The Independent Staff

Independent Editor Scott Jordan leaving ...

photo by Terri Fensel

For nearly five years, Independent Weekly Editor Scott Jordan’s roomy cubicle has been a neat freak’s nightmare filled with a dizzying stack of interview cassettes, outdated press releases, half-filled Mello Joy coffee cups, New Orleans Saints items, bizarre promo CDs and his beloved 1972 Bobby Charles poster. His desk finally gets cleared off on July 28, as Jordan is leaving The Independent to become the Communications Director for the Louisiana Democratic Party.

"It has been an absolute privilege and honor to write for and edit The Independent," says Jordan. "Despite my office resembling a small landfill, our core editorial team — Managing Editor R. Reese Fuller, Senior Editor Leslie Turk, staff writers Nathan Stubbs and Mary Tutwiler, contributing writer Jeremy Alford and cartoonist Greg Peters — has consistently produced award-winning work which has been honored by the Louisiana Press Association, The Association for Alternative Newsweeklies and the National Newspaper Association. My co-workers are also my friends, and I’m going to miss the hell out of the whole Independent staff."

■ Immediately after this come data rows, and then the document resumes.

-- ===== src/Examples/Store.antt =====
-- The theorems on meta_store.go at a database of one user, and at the one after a Put.
use lfs_server_go.Prelude.{◌∙◌, ◌≡◌, refl, ◌↔◌, true, none, some, List, [], ◌∷◌, arith}
use mathlib.Core.List.{Memᴰ}
use lfs_server_go.Text.{Bytes, lit}
use lfs_server_go.Errors.{ok}
use lfs_server_go.Types.{RequestVars, MetaObject}
use lfs_server_go.Bolt.{Bucket, update}
use lfs_server_go.MetaStore.{
  credentials, basic, Env, authenticate, check_user, stored_hash, new_object, get, put, add_user,
  delete_user, delete_user_tx, all_users, all_objects, make_buckets, new_meta_store, user_named,
}
use lfs_server_go.MetaStore.Invariant.{IsSound}
use lfs_server_go.MetaStore.Invariant.Methods.{put-IsSound}
use lfs_server_go.MetaStore.Objects.{view}
use lfs_server_go.MetaStore.Objects.Put.{PutSpec, put-PutSpec}
use lfs_server_go.MetaStore.Sessions.{get-put, put-SameUsers, authenticate_of_same}
use lfs_server_go.MetaStore.History.{Call, put_call, add_user_call, delete_user_call}
use lfs_server_go.MetaStore.Listing.{mem-all_objects}
use lfs_server_go.MetaStore.Creation.{Fits, new_meta_store-IsSound, put_succeeds}
use lfs_server_go.Examples.Pairs.{lookup}
use lfs_server_go.Examples.Memory.{Memory, memory, memory-IsBolt, blank, create}
use lfs_server_go.Examples.Codec.{
  codec, codec-IsGob, put_text, put_texts, flag, sign, size_of, encode_object, encode_project,
}
use lfs_server_go.Examples.Setup.{
  server_env, one_user, one_user-IsSound, u_and_p, u-admitted, abc_oid, request_vars,
}

pub no_failure : (db : Memory) → memory.commit db ≡ none
unfolding memory
no_failure db = refl

none_seen : view server_env abc_oid one_user ≡ none
unfolding view lfs_server_go.MetaStore.find_object one_user memory lookup
none_seen = refl

request-Fits : Fits server_env memory-IsBolt request_vars
unfolding codec encode_object encode_project put_text put_texts flag sign size_of
request-Fits = record {
  oid_low = omega arith;
  oid_high = omega arith;
  repo_high = omega arith;
  object_high = omega arith;
  project_high = omega arith;
}

made : (put server_env request_vars one_user).0 ≡ ok (new_object request_vars)
made =
    put_succeeds server_env memory-IsBolt codec-IsGob no_failure request_vars one_user
      one_user-IsSound u-admitted none_seen request-Fits

-- The database after that Put.
abbrev pub stocked : Memory
stocked = (put server_env request_vars one_user).1

pub stocked-IsSound : IsSound server_env stocked
stocked-IsSound =
    put-IsSound server_env memory-IsBolt codec-IsGob request_vars one_user one_user-IsSound

view_of_get :
    (rv : RequestVars) (db : Memory) (m : MetaObject)
    → get server_env rv db ≡ ok m
    → view server_env rv.oid db ≡ some m
unfolding get view
view_of_get rv db m h = ground arith

pub stocked-view : view server_env abc_oid stocked ≡ some (new_object request_vars)
stocked-view = view_of_get request_vars stocked (new_object request_vars) (
    get-put server_env memory-IsBolt codec-IsGob request_vars one_user (new_object request_vars)
      one_user-IsSound made)

pub stocked-admitted : authenticate server_env u_and_p stocked ≡ true
stocked-admitted =
    authenticate_of_same server_env u_and_p one_user stocked
      (put-SameUsers server_env memory-IsBolt codec-IsGob request_vars one_user)
    ∙ u-admitted

put-PutSpec_example :
    PutSpec server_env request_vars one_user
      (put server_env request_vars one_user).0
      (put server_env request_vars one_user).1
put-PutSpec_example =
    put-PutSpec server_env memory-IsBolt codec-IsGob request_vars one_user one_user-IsSound

calls : List Call
calls =
    put_call request_vars ∷ add_user_call [] (lit "v") (lit "q") ∷ delete_user_call (lit "u") ∷ []

put_succeeds_example : (put server_env request_vars one_user).0 ≡ ok (new_object request_vars)
put_succeeds_example =
    put_succeeds server_env memory-IsBolt codec-IsGob no_failure request_vars one_user
      one_user-IsSound u-admitted none_seen request-Fits

blank_is_empty : (c : Bucket) (k : Bytes) → memory.get blank c k ≡ none
unfolding memory lookup
blank_is_empty c k = refl

buckets_made : (update memory (make_buckets server_env) blank).0 ≡ none
unfolding make_buckets memory create
buckets_made = refl

opened : memory.open_file (lit "lfs.db") ≡ ok blank
unfolding memory
opened = refl

new_meta_store-IsSound_example :
    (store : Memory) × (new_meta_store server_env (lit "lfs.db") ≡ ok store)
    × IsSound server_env store
new_meta_store-IsSound_example =
    new_meta_store-IsSound server_env memory-IsBolt (lit "lfs.db") blank opened blank_is_empty
      buckets_made

mem-all_objects_example :
    (ms : List MetaObject) × (all_objects server_env stocked ≡ ok ms)
    × (Memᴰ (new_object request_vars) ms
        ↔ (view server_env abc_oid stocked ≡ some (new_object request_vars)))
mem-all_objects_example =
    mem-all_objects server_env memory-IsBolt stocked (new_object request_vars) stocked-IsSound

Jordan worked for New Orleans’ OffBeat magazine (1993-1998) and New Orleans’ Gambit Weekly (1998-2003) prior to joining The Independent Weekly at the paper’s inception. "I’ve had the good fortune to work with incredibly talented editors and writers and committed and dedicated publishers in Louisiana media," says Jordan. "Independent publishers Steve May and Cherry Fisher May and Associate Publisher Odie Terry care deeply about giving Lafayette and Acadiana the quality newspaper it deserves, and I’m eternally grateful for the support they’ve given me during my tenure at The Independent. I also apologize to them for having my section of the office look like a bomb went off at 551 Jefferson St."

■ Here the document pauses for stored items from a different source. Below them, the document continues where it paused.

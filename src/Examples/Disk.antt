-- ===== src/Examples/Disk.antt =====
-- The theorems on content_store.go at a disk that is empty and refuses nothing.
use lfs_server_go.Prelude.{ℕ, ◌≡◌, refl, ◌∙◌, ◌≢◌, inr, false, none, some, [], arith}
use lfs_server_go.Text.{Bytes, lit, ◌==◌}
use lfs_server_go.Text.Laws.{eq_refl}
use lfs_server_go.Errors.{hash_mismatch}
use lfs_server_go.Types.{pos, MetaObject}
use lfs_server_go.Hex.{encode_to_string, hex_digit}
use lfs_server_go.FilePath.{slash}
use lfs_server_go.ContentStore.{Storage, Files, Reader, path_of, sha_str, put}
use lfs_server_go.ContentStore.Integrity.{IsStored}
use lfs_server_go.ContentStore.Uploads.{IsWorking, IsReadable, put-IsStored, put-err, put-verdict}
use lfs_server_go.ContentStore.Intact.{IsOid, IsIntact, put-IsIntact}

-- A disk without faults, and a hash that is the content itself.
abbrev pub disk : Storage
disk = record {
  store = record { base_path = lit "lfs-content" };
  faults = record {
    mkdir_all = λ p. none;
    open_read = λ p. none;
    open_write = λ p. none;
    write = λ p content. none;
    read = λ p content. none;
    rename = λ p q. none;
    remove = λ p. none;
    stat = λ p. none;
  };
  is_directory = λ fs p. false;
  sum256 = λ content. content;
}

abbrev pub no_files : Files
no_files p = none

-- The object "abc", under the oid that is its hash.
abbrev pub abc : MetaObject
abc = record { oid = lit "616263"; size = pos 3; project_names = []; existing = false }

abbrev pub upload : Reader
upload = record { content = lit "abc"; failure = none }

-- An upload of as many bytes that are others.
abbrev pub other_upload : Reader
other_upload = record { content = lit "abd"; failure = none }

pub upload-IsWorking : IsWorking disk abc (lit "abc") no_files
upload-IsWorking = record {
  directory = refl;
  opens = refl;
  writes = refl;
  renames = refl;
  unused = refl;
}

pub upload-IsReadable : (fs : Files) (oid content : Bytes) → IsReadable disk oid content fs
upload-IsReadable fs oid content = record { opens = refl; file = refl; reads = refl }

pub upload-hash : sha_str disk (lit "abc") ≡ lit "616263"
unfolding sha_str encode_to_string hex_digit
upload-hash = refl

other-hash : sha_str disk (lit "abd") ≡ lit "616264"
unfolding sha_str encode_to_string hex_digit
other-hash = refl

pub differ : (lit "616264" == lit "616263") ≡ false
unfolding ◌==◌
differ = refl

pub accepted : (put disk abc upload no_files).0 ≡ none
accepted =
    put-verdict disk abc upload no_files upload-IsWorking refl
    ∙ rw upload-hash (rw (eq_refl (lit "616263")) refl)

refused : (put disk abc other_upload no_files).0 ≡ some hash_mismatch
refused =
    put-verdict disk abc other_upload no_files
      (record { directory = refl; opens = refl; writes = refl; renames = refl; unused = refl }) refl
    ∙ rw other-hash (rw differ refl)

put-IsStored_example : IsStored disk abc upload no_files (put disk abc upload no_files).1
put-IsStored_example = put-IsStored disk abc upload no_files accepted

put-err_example : (put disk abc other_upload no_files).1 (path_of disk abc.oid) ≡ none
put-err_example =
    put-err disk abc other_upload no_files hash_mismatch (path_of disk abc.oid) refused (inr refl)

abbrev pub Kept : ℕ → Type 0
Kept c = (c ≢ slash) × (c ≢ b'.')

pub six-Kept : Kept b'6'
six-Kept = (λ e. ground arith, λ e. ground arith)

pub one-Kept : Kept b'1'
one-Kept = (λ e. ground arith, λ e. ground arith)

pub two-Kept : Kept b'2'
two-Kept = (λ e. ground arith, λ e. ground arith)

three-Kept : Kept b'3'
three-Kept = (λ e. ground arith, λ e. ground arith)

pub abc-IsOid : IsOid abc.oid
abc-IsOid = (
  λ e. ground arith,
  (six-Kept, (one-Kept, (six-Kept, (two-Kept, (six-Kept, (three-Kept, tt)))))),
)

put-IsIntact_example : IsIntact disk (put disk abc upload no_files).1
put-IsIntact_example =
    put-IsIntact disk abc upload no_files abc-IsOid (λ oid content h there. absurd (ground arith))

"Scott’s leadership at the paper has extended beyond the department he so effectively and thoughtfully managed for the past four years," says publisher Steve May. "He is one of the finest editors around, and we know what a joy it has been for our editorial staff and freelancers to work for him, even the most experienced among them. Their stories were always enhanced by his skills as an editor. For us, his columns have been among the very best writing in the paper, articulately laid out with an honest and informed point of view about politics and about life in Lafayette, Louisiana. We will all miss him."
 
"Scott’s been an incredible leader, the calm in the storm, literally, as he guided us through coverage of two major hurricanes, understanding the emotional impact this was having on the staff and more important, how it would ultimately affect our communities and state, emotionally, economically and politically, for years to come," says Turk, who also joined The Independent at its launch. "What’s still so hard for any of us to understand is how the most productive, organized member of the staff can have the most chaotic desk you’ve ever seen — you simply would have to see it to believe it."

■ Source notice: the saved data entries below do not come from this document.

-- ===== src/Handlers/Links.antt =====
-- What unpackbatch and Represent of server.go make of an object of a batch, written out.
use lfs_server_go.Prelude.{
  ◌≡◌, refl, inl, inr, Bool, not, Bool-cases, some, List, [], ◌∷◌, ◌++◌, map, if◌then◌else◌,
}
use lfs_server_go.Text.{Bytes, lit, contains}
use lfs_server_go.Types.{ℤ, RequestVars, MetaObject, Link, Representation}
use lfs_server_go.Config.{Configuration, is_https, is_public}
use lfs_server_go.Server.{Request, represent, object_link, link_header, all_with_route}

-- An object of a batch with what the request says of it.
abbrev pub asked : Request → RequestVars → RequestVars
asked r v = record {
  oid = v.oid;
  size = v.size;
  user = v.user;
  password = v.password;
  namespace = r.namespace;
  repo = r.repo;
  authorization = r.authorization;
}

pub all_with_route-some :
    (r : Request) (vs : List RequestVars)
    → all_with_route r (map some vs) ≡ some (map (λ v. some (asked r v)) vs)
unfolding all_with_route
all_with_route-some r [] = refl
all_with_route-some r (v ∷ vs) = rw (all_with_route-some r vs) refl

-- The link of an object: its address under the scheme of the settings where that has "https" in it,
-- under http where not, and the headers to send with it, the authorization only in private mode.
abbrev pub link_of : Configuration → RequestVars → Link
link_of cfg v = record {
  href =
      (if contains cfg.scheme (lit "https") then cfg.scheme else lit "http")
      ++ lit "://"
      ++ cfg.host
      ++ (lit "/" ++ v.namespace ++ lit "/" ++ v.repo ++ lit "/objects/" ++ v.oid);
  header =
      (if cfg.public
        then (lit "Accept", lit "application/vnd.git-lfs") ∷ []
        else (lit "Accept", lit "application/vnd.git-lfs")
          ∷ (lit "Authorization", v.authorization)
          ∷ []);
}

-- An object with one link, of this name, and a size.
abbrev pub linked : Bytes → Configuration → RequestVars → Bytes → ℤ → Representation
linked name cfg v oid size = record { oid = oid; size = size; links = (name, link_of cfg v) ∷ [] }

pub represent_link :
    (cfg : Configuration) (v : RequestVars) (meta : MetaObject) (download : Bool)
    → represent cfg v meta download (not download)
      ≡ linked (if download then lit "download" else lit "upload") cfg v meta.oid meta.size
unfolding represent object_link link_header is_https is_public
represent_link cfg v meta download = elim (Bool-cases download) [
  | inl down ↦ elim (Bool-cases (contains cfg.scheme (lit "https"))) [
    | inl https ↦ elim (Bool-cases cfg.public) [
      | inl public ↦ rw (down, https, public) refl
      | inr private ↦ rw (down, https, private) refl
    ]
    | inr http ↦ elim (Bool-cases cfg.public) [
      | inl public ↦ rw (down, http, public) refl
      | inr private ↦ rw (down, http, private) refl
    ]
  ]
  | inr up ↦ elim (Bool-cases (contains cfg.scheme (lit "https"))) [
    | inl https ↦ elim (Bool-cases cfg.public) [
      | inl public ↦ rw (up, https, public) refl
      | inr private ↦ rw (up, https, private) refl
    ]
    | inr http ↦ elim (Bool-cases cfg.public) [
      | inl public ↦ rw (up, http, public) refl
      | inr private ↦ rw (up, http, private) refl
    ]
  ]
]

Post-Katrina and Rita, Louisiana politics and politicians have been Jordan’s primary focus. "This fall’s elections, both statewide and national, promise to be historic," says Jordan. "And after 15 years of working as a journalist and editor, I’ve decided I want to be directly involved in politics in a different role."

Jordan will be recusing himself from all political coverage at The Independent for his last two weeks at the paper. He also plans to eat as many Jefferson Street plate lunches as possible in that time.